Students will work with a team of statisticians, computer scientists, and veterinary professionals to develop new diagnostic tests for the rapid, *in situ *detection of avian viral pathogens, such as Avian Influenza Virus (IAV) and Infectious Bronchitis Virus (IBV), on the farm. Students will help to develop computational and statistical methods to identify these pathogens in modern Nanopore sequencing data applied to swab samples, with the long-term goal of rapidly detecting and managing these important diseases on the farm before outbreaks can spread. Students will develop skills in programming, big data management, genetics, and statistics to conduct the research.

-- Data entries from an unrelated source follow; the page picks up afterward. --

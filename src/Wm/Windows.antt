-- ===== src/Wm/Windows.antt =====
-- setfloating, setfullscreen and setmon of src/main.c. Windows are mapped; what they do to geometry,
-- borders and scene nodes is not kept.
use monowm.Base.{ℕ, Bool, true, false, Option, none, some, ◌==◌, if◌then◌else◌}
use monowm.Wm.State.{
  Client, Monitor, Server, floating, dwindle_layout, tagset, layout, find_client, find_mon,
  update_client, focustop, selected,
}
use monowm.Wm.Focus.{focusclient}
use monowm.Wm.Arrange.{arrange, canvas_leave}
use monowm.Wm.Tags.{with_sel}

abbrev pub arrange_of : Option ℕ → Server → Server
arrange_of none s = s
arrange_of (some k) s = arrange s k

-- Whether a monitor's layout has a function that arranges.
abbrev pub arranges : Option Monitor → Option ℕ → Option ℕ
arranges none k = none
arranges (some m) k = elim (layout m) [ floating ↦ none | dwindle_layout ↦ k ]

abbrev pub mon_of : Server → Option ℕ → Option Monitor
mon_of s none = none
mon_of s (some k) = find_mon s k

unfoldable pub setfloating : Server → ℕ → Bool → Server
unfolding arrange
setfloating s k b = with_sel s (find_client s k) λ c.
    arrange_of (arranges (mon_of s c.mon) c.mon)
      (update_client k (λ d. record d { isfloating = b }) s)

unfoldable pub setfullscreen : Server → ℕ → Bool → Server
unfolding arrange
setfullscreen s k b =
    with_sel s (find_client s k)
      λ c. arrange_of c.mon (update_client k (λ d. record d { isfullscreen = b }) s)

abbrev pub same_mon : Option ℕ → Option ℕ → Bool
same_mon none none = true
same_mon (some a) (some b) = a == b
same_mon _ _ = false

-- The calls setfullscreen(c, c->isfullscreen) and setfloating(c, c->isfloating).
abbrev pub redo_fullscreen : ℕ → Server → Server
redo_fullscreen k s = with_sel s (find_client s k) (λ c. setfullscreen s k c.isfullscreen)

abbrev pub redo_floating : ℕ → Server → Server
redo_floating k s = with_sel s (find_client s k) (λ c. setfloating s k c.isfloating)

-- The tags that setmon gives a window: those asked, or the monitor's.
abbrev pub give_tags : ℕ → ℕ → Monitor → Server → Server
give_tags k newtags m s =
    update_client k (λ d. record d { tags = if newtags == 0 then tagset m else newtags }) s

unfoldable pub enter_mon : Server → ℕ → Option Monitor → ℕ → Server
unfolding setfloating setfullscreen
enter_mon s k none newtags = s
enter_mon s k (some m) newtags = redo_floating k (redo_fullscreen k (give_tags k newtags m s))

unfoldable pub setmon_of : Server → Client → Option ℕ → ℕ → Server
unfolding canvas_leave enter_mon focusclient focustop selected arrange
setmon_of s c m newtags =
    let moved = update_client c.id (λ d. record (canvas_leave d) { mon = m }) s in
    let cleared = arrange_of c.mon moved in
    let placed = enter_mon cleared c.id (mon_of cleared m) newtags in
    if same_mon c.mon m then s else focusclient placed (focustop placed (selected placed))

unfoldable pub setmon : Server → ℕ → Option ℕ → ℕ → Server
unfolding setmon_of
setmon s k m newtags = with_sel s (find_client s k) (λ c. setmon_of s c m newtags)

**Project 4: Deep Learning Methods for Detecting Protein-DNA Binding Events**

Students will extend a modern deep learning method to detect protein binding sites in a genome (generically, "peak calling") to the relatively new technology of CUT&RUN sequencing. Knowing where a protein binds in a genome under particular biological conditions is important for elucidating how the cell responds to changing conditions. In this case, we are interested in understanding how hematopoietic stem cells differentiate into blood cells to ultimately use a patient's blood to cure blood malignancies. Students will develop skills in computing, deep learning models, statistics, and genetics to conduct this project.

**Project 5: Estimating the Probability of True “Hits” when Searching Databases of Bullet and Cartridge Case Images**

A crime has been committed, and firearms examiners have recovered spent bullets and cartridge cases from the scene. To generate investigative leads, examiners compare images of those bullets and cartridge cases to thousands of images that other examiners have uploaded onto a database. The hope is to get “a hit,” that is, to find one or more images in the database that look like the crime scene samples. The only available database at the time is called NIBIN and is proprietary, as is the algorithm that produces a similarity score between the query sample and the images in the database. Consequently, there is no way to know how many times a search may fail to find a real match or the probability that the search may result in false hits.

Using our images and algorithms developed by researchers at Iowa State University, we will assemble a small database and mimic what examiners do when they query NIBIN. To explore the probability of false positives, we will carry out searches when true matches are not included in the database. Students will learn to use R for the statistical calculations and to operate instruments that produce high-resolution images of the surface of bullets and cartridge cases.